I am wondering about this as well. I have a wooden canopy that will be going on my tank and plan on stocking kuhli loaches, who are known escape artists. My plan was to put the canopy on backwards, and cover the opening with glass, so I can have some plants growing up out of the water. I love the look of open top tanks, but don't want to lose my fish. Anyone do anything similar? Sorry if I'm thread jacking

Sent from my Droid using Tapatalk


----------



## wendyjo (Feb 20, 2009)

huhu89151734 said:


> I do have a glass top and what I did is just set my lights right on top of that glass.


Exactly what I do. There is about a 2" strip along gthe back that is open, for cords and such. I covered this using breathable meshy type fabric attached to the tank with velcro for easy removal. Works like a charm and the fabric molds itself right around all the hoses for a tight fit that no fishys are gonna get past.


----------



## sean117Ply (Jun 28, 2009)

xmas_one said:


> that's weird, i've never had algae grow on my covers..


I alway have algae growing on my glass lid/tops. It's extremely slimy.


----------



## wendyjo (Feb 20, 2009)

I clean mine with vinegar each time I do a water change.


----------



## The Rockster (Aug 2, 2007)

*No Brainer For Me!! YMMV*

Hi,
I have been using a glass top for about 6 years, due to the cat hair, parrot dander as well as the evaporation problems living in the tropics.

In the past I have read articles on the water & light combination leaching onto the glass. Apparently, the heat of the light heats up the water, which creates a cloudy like haze, that will eventually permanently etch into the glass(causing less light to penetrate threw it) . 

Because of this concern, as well as algae buildup, and the high temps of the water, I have been lowering the level when doing weekly water changes.
Generally I fill up the tank till I have reached the middle of the top frame. This makes the tank look full, yet there is no water touching the glass top.I do clean the glass top weekly with a sponge and r/o water.
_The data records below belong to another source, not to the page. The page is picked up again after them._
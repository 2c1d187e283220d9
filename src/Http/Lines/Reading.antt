-- ===== src/Http/Lines/Reading.antt =====
-- Lines that end with CRLF, as they are read.
use mathlib.Core.List.{reverse, reverse-append, reverse-reverse}
use deskaone_sdk.Shared.{ℕ, ◌≡◌, refl, ap, ◌∙◌, arith}
use deskaone_sdk.Shared.{true, false, ◌||◌, List, [], ◌∷◌, ◌++◌, All}
use deskaone_sdk.Shared.{some, ok, err, ◌==◌, if◌then◌else◌}
use deskaone_sdk.Shared.{All-append}
use deskaone_sdk.Wire.{Conn, IoError}
use deskaone_sdk.Http.Lines.{cut_line, drop_breaks, trim_breaks, read_http_line, line_of}

abbrev IsBreak : ℕ → Type 0
IsBreak b = ((b == b'\r') || (b == b'\n')) ≡ true

-- A text with no line break in it.
abbrev pub IsPlain : List ℕ → Type 0
IsPlain s = All (λ b. ((b == b'\r') || (b == b'\n')) ≡ false) s

IsPlain-reverse : (s : List ℕ) → IsPlain s → IsPlain (reverse s)
IsPlain-reverse [] h = tt
IsPlain-reverse (b ∷ s) h =
    rw (reverse-append (b ∷ []) s)
      (All-append _ (reverse s) (b ∷ []) (IsPlain-reverse s h.1) (h.0, tt))

drop_breaks-plain : (s : List ℕ) → IsPlain s → drop_breaks s ≡ s
unfolding drop_breaks
drop_breaks-plain [] h = refl
drop_breaks-plain (b ∷ s) h = rw (h.0) refl

trim_breaks-plain : (s : List ℕ) → IsPlain s → trim_breaks (s ++ (b'\r' ∷ [])) ≡ s
unfolding trim_breaks drop_breaks
trim_breaks-plain s h =
    rw (reverse-append s (b'\r' ∷ []), drop_breaks-plain (reverse s) (IsPlain-reverse s h))
      (reverse-reverse s)

cut_line-plain :
    (s rest : List ℕ)
    → IsPlain s
    → cut_line (s ++ (b'\r' ∷ b'\n' ∷ rest)) ≡ some (s ++ (b'\r' ∷ []), rest)
unfolding cut_line
cut_line-plain [] rest h = refl
cut_line-plain (b ∷ s) rest h = ground (arith, cut_line-plain s rest h.1)

-- A line that ends with CRLF is read without it.
pub read_http_line-plain :
    (line rest : List ℕ) (c : Conn)
    → IsPlain line
    → c.is_closed ≡ false
    → c.input ≡ line ++ (b'\r' ∷ b'\n' ∷ rest)
    → read_http_line c ≡ (ok line, record c { input = rest })
unfolding read_http_line
read_http_line-plain line rest c plain open' e =
    ap (λ b. if b then (err IoError.closed, c) else line_of (cut_line c.input) c) open'
    ∙ ap (λ o. line_of o c) (ap cut_line e ∙ cut_line-plain line rest plain)
    ∙ ap (λ l. (ok l, record c { input = rest })) (trim_breaks-plain line plain)

-- At the end of the input there is the error of the connection.
pub read_http_line-end :
    (c : Conn)
    → c.is_closed ≡ false
    → c.input ≡ []
    → read_http_line c ≡ (err c.at_end, record c { input = [] })
unfolding read_http_line cut_line
read_http_line-end c open' e =
    ap (λ b. if b then (err IoError.closed, c) else line_of (cut_line c.input) c) open'
    ∙ ap (λ s. line_of (cut_line s) c) e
Using auto co2, of course, I believe in the necessity of surface ripple, as well as using an air curtain at night to increase the oxygen in the warm water. 

This strategy has worked for me for years. No algae problems on the glass hood, no cloudy glass, and lots of surface oxygen.


----------



## sean117Ply (Jun 28, 2009)

The Rockster said:


> Apparently, the heat of the light heats up the water, which creates a cloudy like haze, that will eventually permanently etch into the glass(causing less light to penetrate threw it) .


Steam? No... Way... 

Just dilute some CLR into a tub of water and soak the glass in there, I do and mine come up a treat. The main cause is mineral deposits.


----------